Placidochromis electra
Protomelas marginatus
Otopharynx tetrastigma
Copadichromis chrysonotus, trewavasae, azureus, Kwanga no spot
Mylochromis ericotaenia


----------



## GBLShorty (May 12, 2018)

How about Fryei? also do you think the labs would work? how about hongis because the local shop has some nice line bred swedish red hongis


----------



## Luvindaspurs (Jun 6, 2017)

Fryei are one of the few haps that you could make work with hongi and labs in a tank like that. Still gonna be hit and miss. No magic potion or forsures with Africans to begin with but it's up to you. 44inches is somewhat short length for the species you're referring to. Have you checked maybe on Saulosi or cyno white top haras for options with that size of tank?


----------



## DJRansome (Oct 29, 2005)

I'd skip the hongi with peacocks and the haps I mentioned. Hongi females are drab.


----------



## GBLShorty (May 12, 2018)

I'm not having any females in the tank, but yeh i'll skip Hongi, i think i may stick to just labs and Peacocks.


----------



## DJRansome (Oct 29, 2005)

So just one lab and 11 peacocks?


----------



## GBLShorty (May 12, 2018)

Yes probbaly, so far anyway, but i'm still reading/learning.


----------



## james1983 (Dec 23, 2007)

PS.acei is another mbuna that will work. They have a nice purple body with yellow fins.


----------



## noki (Jun 13, 2003)

The problem is that you need the tank somewhat crowded, the tank is not that large. Since most of the cichlids to choose from are similar and you want those that keep good colour, you can hope they get along and colour up. Doesn't always work thou, it has an element of randomness.

Aulonocara you've got to choose from A. sturatgranti types and A. jacobfreibergi types. You can try to get a mostly blue peacock and a mostly yellow peacock, and hope they are not offended by each other, but they are very closely related.

Fryeri can work, but tend to be more dominant that Aulonocara, end up being too bossy. Fryeri X Aulonoacara hybrids are common, and may be more peaceful.

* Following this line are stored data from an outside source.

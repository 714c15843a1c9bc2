-- ===== src/Policy/Matching.antt =====
-- What it means that a call matches a rule, and which rule of a policy decides a call.
use doc_chat_template_scc.Common.{
  ℕ, zero, suc, ◌+◌, ◌≤◌, ◌<◌, append-nil, ◌≡◌, ◌↔◌, refl, ap, Bool, true, false, none, some, List,
  [], ◌∷◌, ◌++◌, arith, String, get_elem?, length, All, Bool-cases, inl, inr,
}
use doc_chat_template_scc.Policy.{
  Pattern, OptionConstraint, Rule, CallOption, Policy, find_option, or_blank, arg_at,
  pattern_matches, positional_match, options_match, rule_matches, match_policy,
}

arg_at-append_blank : (args : List String) (i : ℕ) → arg_at (args ++ "" ∷ []) i ≡ arg_at args i
arg_at-append_blank [] zero = refl
arg_at-append_blank [] (suc i) = refl
arg_at-append_blank (a ∷ args) zero = refl
arg_at-append_blank (a ∷ args) (suc i) = arg_at-append_blank args i

arg_at-append :
    (args more : List String) (i : ℕ) → i < length args → arg_at (args ++ more) i ≡ arg_at args i
arg_at-append [] more i h = absurd (omega arith)
arg_at-append (a ∷ args) more zero h = refl
arg_at-append (a ∷ args) more (suc i) h = arg_at-append args more i (omega arith)

module _ (search : String → String → Bool) where
  -- Every positional constraint is met by the argument in its place, from `i` on.
  abbrev PositionsMatch : ℕ → List Pattern → List String → String → Type 0
  PositionsMatch i patterns args cwd =
      (j : ℕ) (p : Pattern)
      → get_elem? patterns j ≡ some p
      → pattern_matches search (arg_at args (i + j)) p cwd ≡ true

  positional_match-PositionsMatch :
      (i : ℕ) (patterns : List Pattern) (args : List String) (cwd : String)
      → positional_match search i patterns args cwd ≡ true
      → PositionsMatch i patterns args cwd
  unfolding positional_match
  positional_match-PositionsMatch i [] args cwd h j p e = cc
  positional_match-PositionsMatch i (q ∷ qs) args cwd h zero p e =
      let e0 : i + 0 ≡ i = omega arith in ground arith
  positional_match-PositionsMatch i (q ∷ qs) args cwd h (suc j) p e =
      let e0 : i + suc j ≡ suc i + j = omega arith in
      rw e0 (positional_match-PositionsMatch (suc i) qs args cwd (ground arith) j p e)

  PositionsMatch-positional_match :
      (i : ℕ) (patterns : List Pattern) (args : List String) (cwd : String)
      → PositionsMatch i patterns args cwd
      → positional_match search i patterns args cwd ≡ true
  unfolding positional_match
  PositionsMatch-positional_match i [] args cwd h = refl
  PositionsMatch-positional_match i (q ∷ qs) args cwd h =
      let e0 : i + 0 ≡ i = omega arith in
      let head : pattern_matches search (arg_at args i) q cwd ≡ true = rw e0 at (h 0 q refl) in
      rw head (
        PositionsMatch-positional_match (suc i) qs args cwd
          λ j p e. let e1 : i + suc j ≡ suc i + j = omega arith in rw e1 at (h (suc j) p e))

  -- Only the arguments at the constraints' own indices count.
  positional_match_congr :
      (i : ℕ) (patterns : List Pattern) (args args' : List String) (cwd : String)
      → ((j : ℕ) → j < i + length patterns → arg_at args j ≡ arg_at args' j)
      → positional_match search i patterns args cwd ≡ positional_match search i patterns args' cwd
  unfolding positional_match
  positional_match_congr i [] args args' cwd h = refl
  positional_match_congr i (q ∷ qs) args args' cwd h =
      rw (
        h i (omega arith),
        positional_match_congr (suc i) qs args args' cwd λ j k. h j (omega arith),
      )

  -- Every option constraint is met by the option of the call that it names.
  abbrev OptionsMatch : List OptionConstraint → List CallOption → String → Type 0
  OptionsMatch constraints options cwd =
      All
        (λ c.
          (o : CallOption) × (find_option options c.short c.long ≡ some o)
          × (pattern_matches search (or_blank o.value) c.pattern cwd ≡ true))
        constraints

  options_match-OptionsMatch :
      (constraints : List OptionConstraint) (options : List CallOption) (cwd : String)
      → options_match search constraints options cwd ≡ true
      → OptionsMatch constraints options cwd
  unfolding options_match
  options_match-OptionsMatch [] options cwd h = tt
  options_match-OptionsMatch (c ∷ cs) options cwd h =
      (ground arith, options_match-OptionsMatch cs options cwd (ground arith))

  OptionsMatch-options_match :
      (constraints : List OptionConstraint) (options : List CallOption) (cwd : String)
      → OptionsMatch constraints options cwd
      → options_match search constraints options cwd ≡ true
  unfolding options_match
  OptionsMatch-options_match [] options cwd h = refl
  OptionsMatch-options_match (c ∷ cs) options cwd (h, hs) =
      ground (arith, OptionsMatch-options_match cs options cwd hs)

  -- A rule matches a call exactly when the call's directory, taken raw, passes the rule's pattern
  -- for it, each positional constraint is met by the argument with its index (by the empty text
  -- where the call has no such argument), and each option constraint finds an option with its
  -- short or long name whose value (the empty text, where it has none) meets its pattern.
  pub rule_matches_iff :
      (rule : Rule) (args : List String) (options : List CallOption) (cwd : String)
      → (rule_matches search rule args options cwd ≡ true) ↔ (
          (pattern_matches search cwd rule.cwd "" ≡ true)
          × ((j : ℕ) (p : Pattern)
              → get_elem? rule.positional_constraints j ≡ some p
              → pattern_matches search (arg_at args j) p cwd ≡ true)
          × OptionsMatch rule.option_constraints options cwd)
  unfolding rule_matches
  rule_matches_iff rule args options cwd =
      let positions = rule.positional_constraints in
      (
        λ h. (
          ground arith,
          λ j p e.
              let e0 : 0 + j ≡ j = omega arith in
              rw e0 at (positional_match-PositionsMatch 0 positions args cwd (ground arith) j p e),
          options_match-OptionsMatch rule.option_constraints options cwd (ground arith),
        ),
        λ (dir, pos, opts).
            let met : positional_match search 0 positions args cwd ≡ true =
              PositionsMatch-positional_match 0 positions args cwd
                λ j p e. let e0 : 0 + j ≡ j = omega arith in rw e0 (pos j p e) in
            ground (arith, OptionsMatch-options_match rule.option_constraints options cwd opts),
      )

  -- No rule of the policy matches.
  abbrev pub NoneMatch : Policy → List String → List CallOption → String → Type 0
  NoneMatch composed args options cwd =
      All (λ x. rule_matches search x.1 args options cwd ≡ false) composed

  abbrev pub DecidedBy : Policy → List String → List CallOption → String → ℕ × Rule → Type 0
  DecidedBy composed args options cwd x =
      (pre post : Policy) × (composed ≡ pre ++ x ∷ post)
      × NoneMatch pre args options cwd
      × (rule_matches search x.1 args options cwd ≡ true)

  match_policy-some :
      (composed : Policy) (args : List String) (options : List CallOption) (cwd : String)
      (x : ℕ × Rule)
      → match_policy search composed args options cwd ≡ some x
      → DecidedBy composed args options cwd x
  unfolding match_policy
  match_policy-some [] args options cwd x h = cc
  match_policy-some (y ∷ ys) args options cwd x h =
      elim (Bool-cases (rule_matches search y.1 args options cwd)) [
        | inl e ↦ let q : y ≡ x = ground arith in ([], ys, ap (λ z. z ∷ ys) q, tt, rw q at e)
        | inr e ↦
            let (pre, post, split, before, hit) =
              match_policy-some ys args options cwd x (ground arith) in
            (y ∷ pre, post, ap (λ zs. y ∷ zs) split, (e, before), hit)
      ]

  match_policy-skip :
      (pre post : Policy) (args : List String) (options : List CallOption) (cwd : String)
      → NoneMatch pre args options cwd
      → match_policy search (pre ++ post) args options cwd
        ≡ match_policy search post args options cwd
  unfolding match_policy
  match_policy-skip [] post args options cwd h = refl
  match_policy-skip (y ∷ ys) post args options cwd h =
      ground (arith, match_policy-skip ys post args options cwd h.1)

  match_policy-none :
      (composed : Policy) (args : List String) (options : List CallOption) (cwd : String)
      → match_policy search composed args options cwd ≡ none
      → NoneMatch composed args options cwd
  unfolding match_policy
  match_policy-none [] args options cwd h = tt
  match_policy-none (y ∷ ys) args options cwd h =
      (ground arith, match_policy-none ys args options cwd (ground arith))

  -- The first rule that matches decides a call: the answer is a rule (with its layer's id) exactly
  -- when the policy splits at that rule into rules in front that do not match and the rest, and the
  -- rule itself matches; it is the terminal deny exactly when no rule of the policy matches.
  pub match_policy-first :
      (composed : Policy) (args : List String) (options : List CallOption) (cwd : String)
      → ((x : ℕ × Rule)
          → (match_policy search composed args options cwd ≡ some x)
            ↔ DecidedBy composed args options cwd x)
        × ((match_policy search composed args options cwd ≡ none)
            ↔ NoneMatch composed args options cwd)
  unfolding match_policy
  match_policy-first composed args options cwd = (
    λ x. (
      match_policy-some composed args options cwd x,
      λ (pre, post, split, before, hit).
          rw split (rw (match_policy-skip pre (x ∷ post) args options cwd before) (rw hit)),
    ),
    (
      match_policy-none composed args options cwd,
      λ h. let step = match_policy-skip composed [] args options cwd h in rw append-nil at step,
    ),
  )

  -- An argument that is missing is the empty text: a call with one more argument, the empty text,
  -- matches the same rules.
  pub rule_matches-append_blank :
      (rule : Rule) (args : List String) (options : List CallOption) (cwd : String)
      → rule_matches search rule (args ++ "" ∷ []) options cwd
        ≡ rule_matches search rule args options cwd
  unfolding rule_matches
  rule_matches-append_blank rule args options cwd =
      rw
        (positional_match_congr 0 rule.positional_constraints (args ++ "" ∷ []) args cwd
          (λ i _. arg_at-append_blank args i))
        refl

  -- Arguments behind the last constraint are not looked at: a call that has an argument for every
  -- constraint matches the same rules with any further arguments.
  pub rule_matches-append :
      (rule : Rule) (args more : List String) (options : List CallOption) (cwd : String)
      → length rule.positional_constraints ≤ length args
      → rule_matches search rule (args ++ more) options cwd
        ≡ rule_matches search rule args options cwd
  unfolding rule_matches
  rule_matches-append rule args more options cwd h =
      rw
        (positional_match_congr 0 rule.positional_constraints (args ++ more) args cwd
          (λ i k. arg_at-append args more i (omega arith)))
        refl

Now if you choosing the cross genera hybrid "Peacocks" those get along better with Mbuna, and you can have more a Mbuna mix. If using hybrids, many will have some colour no matter what, and at least it is not wasting a pure quality fish.


----------



## GBLShorty (May 12, 2018)

i have been looking around lfs to see what they have (i wont be stocking until cycle is complete) and none seem to have peacocks, so is there a good UK website that sells them? and is it possible to sex them because i don't want females?


----------



## GBLShorty (May 12, 2018)

I have done a u-turn and decided i'm going to go all Mbuna because i could not source what i wanted for a decent price, delivery etc, i can get Mbuna locally, how many fish in my tank?


----------



## Luvindaspurs (Jun 6, 2017)

3-4 species and 5-7 of each species. So 15-20 or so is what id do for mbuna. Labs, white top hara and rusties. That would be a nice colorful combo


----------



## GBLShorty (May 12, 2018)

Luvindaspurs said:


> 3-4 species and 5-7 of each species. So 15-20 or so is what id do for mbuna. Labs, white top hara and rusties. That would be a nice colorful combo


Sounds great

I'm interested in Hongis, Socolofi, Afra, Red Zebra, should i avoid Aurautus?


----------



## Luvindaspurs (Jun 6, 2017)

Yes id avoid socolofis and aurautus in that size of tank. Maybe labs, afra and red zebras. Labs and red zebras are notorious for cross breeding but if you're not looking to breed they make a nice color combo and the afra would give you a nice 3rd species that's barred


----------



## GBLShorty (May 12, 2018)

How about Hongis?


----------